Ok, a ideia não é minha, foi o Ruy Castro quem me sugeriu durante uma entrevista, mas mesmo assim já deixei registrada em testamento. É que o povo medíocre lá em casa não ajuda, mas quando eu morrer meu chapa, não quero ir nem para o céu, muito menos para o inferno. Quero ir para um sebo, qualquer um, aqui em Brasília, lá na Barata Ribeiro, no Rio de Janeiro ou em Paris. Só para que eu poder ver, ouvir e descobrir em morte, as histórias nos livros e músicas que não der tempo de conferir por aqui em vida.

Sim, porque não existe coisa mais formidável do que passar uma tarde inteira, igual a um Indiana Jones das artes, cavoucando, descobrindo e se maravilhando com relíquias da música, do cinema e da literatura. O prazer de descobrir algo raro ou que simplesmente nos comove, por mais reles, simples e escondido nas estantes e prateleiras que seja, é inenarrável, algo como chupar um sundae com esse calor infernal que está fazendo.

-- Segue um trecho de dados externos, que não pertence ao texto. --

-- ===== src/Review/Store/Histories.antt =====
-- The cases of review_backend/main.py keep their histories, and the audit chain stays intact,
-- under every call of the endpoint.
use mathlib.Core.Path.{subst, subst₂}
use mathlib.Core.Option.{some-injective}
use mathlib.Core.List.{append-nil}
use close_control.Base.{
  String, ◌≡◌, sym, ap, ◌∙◌, inl, inr, some, List, [], ◌∷◌, ◌++◌, true, str_eq, eq_iff,
  if◌then◌else◌, keep-append, Bool-cases,
}
use close_control.Review.Chain.{Digest, Row, intact, verify_chain, append_row, next_chain_hash}
use close_control.Review.Chain.Audit.{append_row-intact}
use close_control.Review.Cases.{CaseRow, find_case, get_reviews, is_of}
use close_control.Review.Cases.History.{Allowed, History, next}
use close_control.Review.Store.{Outside, Response, Db}
use close_control.Review.Store.Effect.{Committed, Effect}

module _ (d : Digest) where
  open d use {Hash}

  -- Every case has a history in the table of the reviews.
  abbrev pub IsValid : Db Hash → Type 0
  IsValid db =
      (id : String) (c : CaseRow)
      → find_case id db.cases ≡ some c
      → History c (get_reviews id db.reviews)

  get_reviews-append :
      (id : String) (rows : List (Row Hash)) (row : Row Hash)
      → get_reviews id (rows ++ row ∷ [])
        ≡ get_reviews id rows ++ (if str_eq row.1.transaction_id id then row ∷ [] else [])
  unfolding get_reviews
  get_reviews-append id rows row = keep-append (is_of id) rows (row ∷ [])

  -- The case that a committed review is of, found under another spelling of its id.
  Committed-Allowed :
      {o : Outside} {id : String} {db db' : Db Hash} (j : String) (c : CaseRow)
      → (w : Committed d o id db db') → w.fields.transaction_id ≡ j
      → find_case j db.cases ≡ some c
      → Allowed c (get_reviews j db.reviews) w.fields
  Committed-Allowed {o} {id} {db} j c w e f =
      let same : id ≡ j = sym w.of_case ∙ e in
      let found : find_case j db.cases ≡ some w.case_row =
        subst (λ i. find_case i db.cases ≡ some w.case_row) same w.found in
      subst₂ (λ i row. Allowed row (get_reviews i db.reviews) w.fields) same
        (some-injective _ _ (sym found ∙ f)) w.allowed

  Committed-IsValid :
      {o : Outside} {id : String} {db db' : Db Hash}
      → Committed d o id db db'
      → IsValid db
      → IsValid db'
  unfolding append_row
  Committed-IsValid {o} {id} {db} {db'} w h j c f =
      let f' = subst (λ cs. find_case j cs ≡ some c) w.same_cases f in
      let row : Row Hash = (o.row_id, w.fields, some (next_chain_hash d db.reviews w.fields)) in
      let split = ap (get_reviews j) w.appended ∙ get_reviews-append j db.reviews row in
      elim (Bool-cases (str_eq w.fields.transaction_id j)) [
        | inl e ↦
            next o.row_id w.fields row.2 (h j c f') (Committed-Allowed j c w ((eq_iff _ _).0 e) f')
              (split ∙ rw e)
        | inr e ↦ subst (History c) (sym (split ∙ rw e (append-nil _))) (h j c f')
      ]

  -- Every call keeps the histories.
  pub Effect-IsValid :
      (o : Outside) (id : String) (db : Db Hash) (result : Response × Db Hash)
      → Effect d o id db result
      → IsValid db
      → IsValid result.1
  Effect-IsValid o id db (Response.http_error code, db') e h = subst IsValid (sym e) h
  Effect-IsValid o id db (Response.accepted a, db') e h = Committed-IsValid e h

  -- A call leaves an intact audit chain intact.
  pub Effect-intact :
      (o : Outside) (id : String) (db : Db Hash) (result : Response × Db Hash)
      → Effect d o id db result
      → intact (verify_chain d db.reviews) ≡ true
      → intact (verify_chain d result.1.reviews) ≡ true
  Effect-intact o id db (Response.http_error code, db') e h =
      subst (λ b. intact (verify_chain d b.reviews) ≡ true) (sym e) h
  Effect-intact o id db (Response.accepted a, db') e h =
      subst (λ rows. intact (verify_chain d rows) ≡ true) (sym e.appended)
        (append_row-intact d db.reviews o.row_id e.fields h)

E me preencho de música, filme e literatura, enfim, de sonhos da imaginação sonora ou visual para sobreviver diante das agruras da vida. A maioria das pessoas busca conforto diante dos problemas do dia a dia na religião ou no dinheiro. Eu não. Eu quando fico deprimido, chateado ou com vontade de sumir para outro planeta me tranqüilizo lendo um livro ou ouvindo uma canção. Saco um título da minha estante mágica ou fuço um CD e DVD em minhas prateleiras e tudo passa como se eu fosse anestesiado diante da chata realidade.

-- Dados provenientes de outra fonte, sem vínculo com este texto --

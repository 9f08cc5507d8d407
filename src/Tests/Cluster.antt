-- ===== src/Tests/Cluster.antt =====
-- A cluster in which server 1 is elected by server 2, and sends it the entry of a client.
use raft_algorep.Base.{
  ℕ, pos, minus_one, List, [], ◌∷◌, Option, none, All-get, result_or, IfReturns, ◌≡◌, refl, Text,
}
use raft_algorep.Config.{GlobalConfig, node_ranks, is_node, is_client}
use raft_algorep.Rpc.{Rpc, request_vote, append_entries, request_client, RpcResponse}
use raft_algorep.Node.{Node, State, follower, new_node}
use raft_algorep.Node.Sourced.{Commands}
use raft_algorep.Update.{start}
use raft_algorep.Follower.{
  check_entry_consistency, accept_entries, append_log, resize, push_entries, save_range,
}
use raft_algorep.Cluster.{Possible, times_out, submits, sends, arrives, start-Submitted}
use raft_algorep.Tests.{g, e₀, node, vote_of}

abbrev g₂ : GlobalConfig
g₂ = record g { rank = 2 }

-- The only command, and its client.
abbrev Submitted : Text → ℕ → Type 0
Submitted t client = (t ≡ 7 ∷ []) × (client ≡ 4)

abbrev run : GlobalConfig → List State → List (Option RpcResponse) → Node
run c stales net = result_or node (start c stales (new_node c net))

-- Server 1 hears nothing, and runs for term 1.
abbrev silent : List (Option RpcResponse)
silent = none ∷ none ∷ none ∷ []

abbrev request : Rpc
request = request_vote (record {
  term = pos 1;
  candidate_id = 1;
  last_log_index = minus_one;
  last_log_term = minus_one;
})

-- Server 2 hears of it, and votes.
abbrev called : List (Option RpcResponse)
called = arrives request 1 ∷ []

-- Server 1 is elected, reads the request of the client, and sends its entry.
abbrev elected : List (Option RpcResponse)
elected =
    none
    ∷ none
    ∷ none
    ∷ arrives (vote_of (pos 1)) 2
    ∷ none
    ∷ arrives (request_client (7 ∷ [])) 4
    ∷ none
    ∷ none
    ∷ []

abbrev update : Rpc
update = append_entries (record {
  term = pos 1;
  leader_id = 1;
  prev_log_index = minus_one;
  prev_log_term = pos 0;
  leader_commit = minus_one;
  entries = e₀ ∷ [];
})

abbrev followed : List (Option RpcResponse)
followed = arrives request 1 ∷ arrives update 1 ∷ []

abbrev turns : List State
turns = follower ∷ follower ∷ follower ∷ follower ∷ []

abbrev two_turns : List State
two_turns = follower ∷ follower ∷ []

request-Possible : Possible Submitted (arrives request 1)
unfolding start new_node node_ranks is_node is_client
request-Possible =
    sends g silent two_turns (run g two_turns silent) (record { rpc = request; dest = 2 }) 0
      (λ i a. All-get (Possible Submitted) silent i a (times_out, (times_out, (times_out, tt))))
      refl refl

vote-Possible : Possible Submitted (arrives (vote_of (pos 1)) 2)
unfolding start new_node node_ranks is_node is_client
vote-Possible =
    sends g₂ called (follower ∷ []) (run g₂ (follower ∷ []) called)
      (record { rpc = vote_of (pos 1); dest = 1 }) 0
      (λ i a. All-get (Possible Submitted) called i a (request-Possible, tt)) refl refl

update-Possible : Possible Submitted (arrives update 1)
unfolding start new_node node_ranks is_node is_client
update-Possible =
    sends g elected turns (run g turns elected) (record { rpc = update; dest = 2 }) 4
      (λ i a. All-get (Possible Submitted) elected i a (
        times_out,
        (
          times_out,
          (
            times_out,
            (
              vote-Possible,
              (times_out, (submits (7 ∷ []) 4 (refl, refl), (times_out, (times_out, tt)))),
            ),
          ),
        ),
      ))
      refl refl

-- Server 2 has the entry of the client.
followed_runs : (run g₂ two_turns followed).logs ≡ e₀ ∷ []
unfolding start new_node node_ranks is_node is_client check_entry_consistency accept_entries
    append_log resize push_entries save_range
followed_runs = refl

start-Submitted_example :
    IfReturns
      (λ n. Commands Submitted n.logs × Commands Submitted n.saved)
      (start g₂ two_turns (new_node g₂ followed))
start-Submitted_example =
    start-Submitted Submitted g₂ followed two_turns (request-Possible, (update-Possible, tt))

Geraes 2Por isso que sempre estou visitando sebos ou lojas do gênero por aí. É onde me sinto bem, feliz, livre, leve e solto. E no momento estou curtindo uma fase nacional no cinema e na música, revendo filmes de Cacá Diegues, Leon Hirzsman, Nelson Pereira dos Santos e Joaquim Pereira dos Santos, clássicos da MPB. Nos últimos dias, por exemplo, procurando daqui e dali, consegui encontrar algumas, senão raridades, surpresas agradáveis que são os discos do início da carreira do Milton Nascimento e reedições dos trabalhos da pimentinha Elis Regina, dois artistas que estimo muito.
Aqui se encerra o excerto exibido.